I thought saying good-bye would get easier with time. This is my third time moving overseas. I won’t even begin to count the amount of times I have moved out West and have said goodbye to my friends and family in the East and vice versa. Saying goodbye does not get easier, it gets harder.
When I was 19 and went to college it was no problem! I think I literally thought, get me out of here! When I was 21 and moving to Banff for the first time, I was sad, but I was young and I didn’t think much about what I would miss not being home (and really, I was ready to go and experience the world). 14 years later, at least half a dozen times moving from East to West and back again, two trips to China, Africa, and now Singapore, goodbyes are harder than ever.
I can’t exactly pinpoint when and why they got harder but here are a few ideas I have come up with. For those of you who say goodbye a lot, I think you might understand what I am saying. For those of you who might think it is easy for us to just up and move overseas, here is some insight as to what we are feeling inside.
Marriage and Kids
Most of my friends are now married with beautiful children – or are getting married and already have children. Seeing these little humans grow up over Skype is hard on the heart. These little people are growing up so fast and it really sucks not being here for their birthday parties, christenings, weddings, dinner parties, walks with the dog, Sunday volleyball, and everything else that goes a long with the things you celebrate with friends.
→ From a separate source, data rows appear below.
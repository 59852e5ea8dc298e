-- ===== src/Kernel/Scheduler/Delay.antt =====
-- The delays of source/kernel/scheduler/scheduler.c.
use rpitos.Prelude.{ℕ, Option, none, some}
use rpitos.Status.{Run, done, fault, ◌>>=◌}
use rpitos.Kernel.State.{blocked, Kernel, set_state, add64}
use rpitos.Kernel.Scheduler.Ready.{remove_from_ready_list}
use rpitos.Kernel.Scheduler.Blocked.{add_to_blocked_list}

unfoldable pub get_current_task : ℕ → Kernel → Option ℕ
get_current_task core k = k.current core

unfoldable pub get_tick_count : ℕ → Kernel → ℕ
get_tick_count core k = (k.clock core).tick_count

-- block_until up to its busy wait, which ends when another step makes the task ready.
unfoldable pub block_until : ℕ → ℕ → Kernel → Run Kernel
unfolding remove_from_ready_list add_to_blocked_list
block_until core wakeup k =
    let me = k.current core in
    let k1 = (remove_from_ready_list me k).1 in
    add_to_blocked_list me wakeup k1 >>= λ r. elim me [
      | none ↦ fault
      | some t ↦ done (set_state t blocked r.1)
    ]

unfoldable pub task_delay_ms : ℕ → ℕ → Kernel → Run Kernel
unfolding block_until
task_delay_ms core ticks k = block_until core (add64 (get_tick_count core k) ticks) k

-- The overrun warning is printed and changes no state. The result is the new `*last_wake_time`.
unfoldable pub task_delay_until_ms : ℕ → ℕ → ℕ → Kernel → Run (ℕ × Kernel)
unfolding block_until
task_delay_until_ms core last_wake_time period k =
    block_until core (add64 last_wake_time period) k >>= λ k1.
    done (add64 last_wake_time period, k1)
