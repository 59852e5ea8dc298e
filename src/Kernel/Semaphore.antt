-- ===== src/Kernel/Semaphore.antt =====
-- The counting semaphore of source/kernel/semaphore/semaphore.c. semaphore_take is cut at its busy
-- wait: `attempt` is a round of its loop up to the wait, `resume` what follows the wait. Each
-- runs under the semaphore's lock, so it is one step.
pub mod Count
mod Tests
use rpitos.Prelude.{
  ℕ, ◌+◌, ◌-◌, ◌^◌, ◌%◌, Bool, true, false, Option, none, some, ltb, leb, if◌then◌else◌, ◌==◌,
}
use rpitos.Status.{Status, e_ok, e_timed_out, e_resource_exhausted, Run, done, fault, spin, ◌>>=◌}
use rpitos.Kernel.Links.{
  Links, TaskList, empty_list, event_item, state_item, set_head, set_list_end, set_prev,
  set_num_items, set_list, dec16, push_back, clear_item,
}
use rpitos.Kernel.State.{
  Kernel, Tcb, WakeupReason, resource_acquired, no_reason, blocked, set_links, set_tcb, set_state,
  add64,
}
use rpitos.Kernel.Scheduler.Ready.{remove_from_ready_list, add_to_ready_list}
use rpitos.Kernel.Scheduler.Blocked.{add_to_blocked_list, remove_from_blocked_list}
use rpitos.Kernel.Scheduler.Delay.{get_tick_count}

-- `semaphore_blocked_list` is the address of the wait list.
pub record Semaphore : Type 0 where
  pub max_count : ℕ
  pub count : ℕ
  pub semaphore_blocked_list : ℕ

-- An `int64_t timeout_ms`: negative, zero or positive.
pub data Timeout : Type 0 where
  forever : Timeout
  no_wait : Timeout
  ticks : ℕ → Timeout

unfoldable pub init : ℕ → ℕ → ℕ → Kernel → Semaphore × Kernel
init l max_count initial_count k = (
  record { max_count = max_count; count = initial_count; semaphore_blocked_list = l },
  set_links (set_list l empty_list k.links) k,
)

-- `(timeout_ms > 0) ? scheduler_get_tick_count() + timeout_ms : 0`
unfoldable pub deadline : Timeout → ℕ → Kernel → ℕ
deadline forever core k = 0
deadline no_wait core k = 0
deadline (ticks n) core k = add64 (get_tick_count core k) n

-- `timeout_ms == 0`, or positive with the deadline reached.
unfoldable pub out_of_time : Timeout → ℕ → ℕ → Kernel → Bool
out_of_time forever limit core k = false
out_of_time no_wait limit core k = true
out_of_time (ticks n) limit core k = leb limit (get_tick_count core k)

unfoldable pub add_to_wait_list : Semaphore → ℕ → Kernel → Kernel
add_to_wait_list p t k = set_links (push_back (event_item t) t p.semaphore_blocked_list k.links) k

-- The task's core's lists: off the ready list, and onto the blocked list if the wait is bounded.
unfoldable pub suspend : Timeout → ℕ → ℕ → Kernel → Run Kernel
suspend forever limit t k = done (remove_from_ready_list (some t) k).1
suspend no_wait limit t k = done (remove_from_ready_list (some t) k).1
suspend (ticks n) limit t k =
    add_to_blocked_list (some t) limit (remove_from_ready_list (some t) k).1 >>= λ r. done r.1

-- What a round of the loop leads to.
pub data Attempt : Type 0 where
  returns : Status → Attempt
  waits : Attempt

unfoldable pub attempt :
    Timeout → (limit core t : ℕ) → Semaphore → Kernel → Run (Attempt × Semaphore × Kernel)
unfolding out_of_time add_to_wait_list suspend
attempt timeout limit core t p k =
    if ltb 0 p.count
    then done (returns e_ok, record p { count = p.count - 1 }, k)
    else if out_of_time timeout limit core k
    then done (returns e_timed_out, p, k)
    else suspend timeout limit t (add_to_wait_list p t k) >>= λ k1.
        done (waits, p, set_state t blocked k1)

-- After the wait: the resource was handed over, or the loop goes round again.
unfoldable pub resume : ℕ → Kernel → Option Status × Kernel
resume t k = elim ((k.tcb t).wakeup_reason) [
  | resource_acquired ↦ (some e_ok, set_tcb t (record (k.tcb t) { wakeup_reason = no_reason }) k)
  | no_reason ↦ (none, k)
]

-- The first waiter's item leaves the list; its own fields are cleared later.
unfoldable pub pop_head : ℕ → ℕ → Links → Links
pop_head h l m =
    let m1 = set_head l (m.item h).next m in
    let m2 : Links = elim ((m1.list l).head) [
      | none ↦ set_list_end l none m1
      | some n ↦ set_prev n none m1
    ] in
    set_num_items l (dec16 (m2.list l).num_items) m2

-- The waiter becomes ready, with the reason for it.
unfoldable pub hand_over : ℕ → Kernel → Kernel
hand_over t k =
    let k1 = (remove_from_blocked_list (some t) k).1 in
    let k2 = set_links (clear_item (event_item t) k1.links) k1 in
    let k3 = set_tcb t (record (k2.tcb t) { wakeup_reason = resource_acquired }) k2 in
    (add_to_ready_list (some t) k3).1

unfoldable pub give_waiter : ℕ → Option ℕ → Kernel → Run Kernel
unfolding pop_head hand_over
give_waiter l none k = fault
give_waiter l (some h) k =
    done (hand_over (k.links.item h).owner (set_links (pop_head h l k.links) k))

unfoldable pub give : Semaphore → Kernel → Run (Status × Semaphore × Kernel)
unfolding give_waiter
give p k =
    let l = p.semaphore_blocked_list in
    if ltb 0 (k.links.list l).num_items
    then (give_waiter l (k.links.list l).head k >>= λ k1. done (e_ok, p, k1))
    else if ltb p.count p.max_count
    then done (e_ok, record p { count = p.count + 1 }, k)
    else done (e_resource_exhausted, p, k)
My parents are getting older
While I would like to believe that my parents are going to stay the same age forever, they are not. With each passing year I want to spend more and more time getting to know them. Skype has actually helped our relationship a lot. Because I live overseas we have to try a lot harder to keep in contact. In reality I actually see my parents more than I would if I lived in Canada, however it doesn’t make it any easier to say goodbye to them every year and know that I will not physically see them for the next 11 months. Building a closer relationship with family makes it really hard to say goodbye.
My sister is Awesome
My sister and I were not close growing up. Our relationship has taken a very long time to develop. Over the past two summers when I have been home I have felt more love and respect for her than my heart can handle. She is a beautiful human and being far from her makes my heart hurt. I want to be close so that we can share more than one week a year together. Having a sister is a pretty special gift, and every year it gets harder to be away from a person that after 27 years of her being on this earth, I am just getting to know her.
Friends
I have a pretty strong bias, but I believe I have some of the best and most beautiful friends in the entire world. I am so fortunate to know some very awesome people that live in some places that are very far away from the areas I move to. Keeping in contact and maintaining friendships living so far away takes some effort. I enjoy the time that goes into maintaining these friendships via snail mail, phone calls, Skype, and visits. But to really keep these people in my life at a level that I would like them to be at is difficult sometimes. Ironically, if I hadn’t moved to all these lovely places in Canada and overseas I would not know the awesome friends that I have. This year I found it really difficult to see everyone who I love in my life and spend quality time with them. I wasn’t able to do it and that sucked. It really, really sucked.
So why do it?
So why do I continue to move overseas and cry my face off every time I leave friends and family? It’s not a simple answer, and one that I am not even sure I know.
When you get on that plane, and you are in a new place, and those goodbyes are far away, you can see the new adventure beginning, you can feel your comfort zone expanding, and more beautiful people about to appear in your life, you then realize that it just might be worth it. You realize, this is my journey; this is the path I am supposed to follow.
It would have been easy to stay in Ontario, especially this year, honestly. But, I left the house, got on the boat, got in the car, and I will get on that plane today, regardless of the doubts I have. I know that when I land in Singapore the excitement will start – and so will the Skype dates, phone calls with friends, I will see their kids grow, I will hear about their wedding’s, and bachelorettes, and births, and about all the adventures my friends are on, I will see photo's and cry and be happy for them, and new people will emerge in my life, and old friends will write, and for me, a new journey begins.